_WHAT YOU WILL DO:_ Beginning at the top of the data below, write out every line exactly until you reach the line with "module _ (browser : Browser) where", and include that line.

(Records drawn from a dataset)

- Opening Delimiter -

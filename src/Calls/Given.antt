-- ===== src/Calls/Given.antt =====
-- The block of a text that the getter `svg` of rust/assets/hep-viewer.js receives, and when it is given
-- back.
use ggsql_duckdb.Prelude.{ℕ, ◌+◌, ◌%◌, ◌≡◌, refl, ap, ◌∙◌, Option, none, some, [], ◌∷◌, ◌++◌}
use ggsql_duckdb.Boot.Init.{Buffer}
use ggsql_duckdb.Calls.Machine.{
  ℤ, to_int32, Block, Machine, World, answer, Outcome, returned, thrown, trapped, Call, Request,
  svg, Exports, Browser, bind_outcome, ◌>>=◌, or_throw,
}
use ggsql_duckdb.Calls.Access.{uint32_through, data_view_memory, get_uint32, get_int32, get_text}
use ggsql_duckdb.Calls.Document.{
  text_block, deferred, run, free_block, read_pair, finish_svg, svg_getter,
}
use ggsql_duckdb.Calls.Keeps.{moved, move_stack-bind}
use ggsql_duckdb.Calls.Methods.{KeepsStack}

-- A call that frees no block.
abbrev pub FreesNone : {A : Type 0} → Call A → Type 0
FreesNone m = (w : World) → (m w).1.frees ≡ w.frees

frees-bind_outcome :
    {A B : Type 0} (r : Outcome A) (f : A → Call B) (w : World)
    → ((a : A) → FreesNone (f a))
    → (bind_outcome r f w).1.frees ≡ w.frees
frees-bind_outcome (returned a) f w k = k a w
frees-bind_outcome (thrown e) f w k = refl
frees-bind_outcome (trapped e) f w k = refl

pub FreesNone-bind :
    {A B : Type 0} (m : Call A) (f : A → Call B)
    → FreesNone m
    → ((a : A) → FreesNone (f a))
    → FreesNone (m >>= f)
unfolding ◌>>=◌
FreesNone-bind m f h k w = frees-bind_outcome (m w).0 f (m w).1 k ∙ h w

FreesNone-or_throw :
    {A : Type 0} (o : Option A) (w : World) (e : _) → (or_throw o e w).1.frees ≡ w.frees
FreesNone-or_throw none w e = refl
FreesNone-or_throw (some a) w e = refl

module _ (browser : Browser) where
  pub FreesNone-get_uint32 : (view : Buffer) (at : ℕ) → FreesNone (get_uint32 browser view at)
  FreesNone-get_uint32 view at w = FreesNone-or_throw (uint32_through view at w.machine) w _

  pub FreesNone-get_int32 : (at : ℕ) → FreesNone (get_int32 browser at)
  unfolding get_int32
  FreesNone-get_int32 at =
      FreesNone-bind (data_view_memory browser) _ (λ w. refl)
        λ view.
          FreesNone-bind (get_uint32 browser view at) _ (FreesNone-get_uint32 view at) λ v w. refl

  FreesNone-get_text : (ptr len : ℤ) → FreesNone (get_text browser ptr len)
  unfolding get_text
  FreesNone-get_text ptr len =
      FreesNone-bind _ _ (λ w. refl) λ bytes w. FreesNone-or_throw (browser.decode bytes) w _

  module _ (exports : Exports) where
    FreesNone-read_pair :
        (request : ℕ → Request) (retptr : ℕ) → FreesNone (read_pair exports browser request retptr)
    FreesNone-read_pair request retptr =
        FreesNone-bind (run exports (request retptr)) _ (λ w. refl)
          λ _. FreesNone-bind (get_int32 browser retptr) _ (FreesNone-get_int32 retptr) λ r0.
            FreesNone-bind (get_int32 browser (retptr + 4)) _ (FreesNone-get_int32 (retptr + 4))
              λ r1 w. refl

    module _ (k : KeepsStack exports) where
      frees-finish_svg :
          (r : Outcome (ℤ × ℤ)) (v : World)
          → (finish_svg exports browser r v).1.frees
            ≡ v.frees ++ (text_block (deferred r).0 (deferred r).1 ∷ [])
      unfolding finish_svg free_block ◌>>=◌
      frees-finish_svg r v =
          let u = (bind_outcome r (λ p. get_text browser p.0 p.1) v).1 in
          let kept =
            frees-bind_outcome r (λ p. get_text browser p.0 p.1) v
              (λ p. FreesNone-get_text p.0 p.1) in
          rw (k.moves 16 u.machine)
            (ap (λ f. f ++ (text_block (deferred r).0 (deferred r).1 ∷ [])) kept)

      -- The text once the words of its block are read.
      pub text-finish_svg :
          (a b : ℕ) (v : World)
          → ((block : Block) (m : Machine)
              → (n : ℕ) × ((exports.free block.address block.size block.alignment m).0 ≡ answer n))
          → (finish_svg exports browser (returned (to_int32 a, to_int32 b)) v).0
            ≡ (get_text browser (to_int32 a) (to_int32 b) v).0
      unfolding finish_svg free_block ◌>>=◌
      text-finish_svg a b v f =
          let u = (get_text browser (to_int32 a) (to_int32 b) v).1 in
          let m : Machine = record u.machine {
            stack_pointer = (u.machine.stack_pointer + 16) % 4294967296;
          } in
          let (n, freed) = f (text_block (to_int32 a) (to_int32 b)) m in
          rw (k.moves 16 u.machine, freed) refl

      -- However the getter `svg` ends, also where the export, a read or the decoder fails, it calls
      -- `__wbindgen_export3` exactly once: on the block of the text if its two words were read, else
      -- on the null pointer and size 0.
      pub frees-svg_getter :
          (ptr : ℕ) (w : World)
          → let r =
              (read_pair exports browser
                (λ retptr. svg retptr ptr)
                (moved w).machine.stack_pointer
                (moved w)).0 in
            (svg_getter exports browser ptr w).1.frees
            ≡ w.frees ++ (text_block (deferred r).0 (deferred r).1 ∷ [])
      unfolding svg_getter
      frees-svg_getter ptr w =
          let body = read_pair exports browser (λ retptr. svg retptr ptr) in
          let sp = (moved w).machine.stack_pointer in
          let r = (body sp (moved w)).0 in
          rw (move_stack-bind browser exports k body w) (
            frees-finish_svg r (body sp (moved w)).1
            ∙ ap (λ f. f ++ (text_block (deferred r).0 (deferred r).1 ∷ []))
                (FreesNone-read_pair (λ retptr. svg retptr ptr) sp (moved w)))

- Closing Delimiter -

_EXERCISE SOLUTION:_
filename src/Calls/Given.antt
-- ===== src/Calls/Given.antt =====
-- The block of a text that the getter `svg` of rust/assets/hep-viewer.js receives, and when it is given
-- back.
use ggsql_duckdb.Prelude.{ℕ, ◌+◌, ◌%◌, ◌≡◌, refl, ap, ◌∙◌, Option, none, some, [], ◌∷◌, ◌++◌}
use ggsql_duckdb.Boot.Init.{Buffer}
use ggsql_duckdb.Calls.Machine.{
  ℤ, to_int32, Block, Machine, World, answer, Outcome, returned, thrown, trapped, Call, Request,
  svg, Exports, Browser, bind_outcome, ◌>>=◌, or_throw,
}
use ggsql_duckdb.Calls.Access.{uint32_through, data_view_memory, get_uint32, get_int32, get_text}
use ggsql_duckdb.Calls.Document.{
  text_block, deferred, run, free_block, read_pair, finish_svg, svg_getter,
}
use ggsql_duckdb.Calls.Keeps.{moved, move_stack-bind}
use ggsql_duckdb.Calls.Methods.{KeepsStack}

-- A call that frees no block.
abbrev pub FreesNone : {A : Type 0} → Call A → Type 0
FreesNone m = (w : World) → (m w).1.frees ≡ w.frees

frees-bind_outcome :
    {A B : Type 0} (r : Outcome A) (f : A → Call B) (w : World)
    → ((a : A) → FreesNone (f a))
    → (bind_outcome r f w).1.frees ≡ w.frees
frees-bind_outcome (returned a) f w k = k a w
frees-bind_outcome (thrown e) f w k = refl
frees-bind_outcome (trapped e) f w k = refl

pub FreesNone-bind :
    {A B : Type 0} (m : Call A) (f : A → Call B)
    → FreesNone m
    → ((a : A) → FreesNone (f a))
    → FreesNone (m >>= f)
unfolding ◌>>=◌
FreesNone-bind m f h k w = frees-bind_outcome (m w).0 f (m w).1 k ∙ h w

FreesNone-or_throw :
    {A : Type 0} (o : Option A) (w : World) (e : _) → (or_throw o e w).1.frees ≡ w.frees
FreesNone-or_throw none w e = refl
FreesNone-or_throw (some a) w e = refl

module _ (browser : Browser) where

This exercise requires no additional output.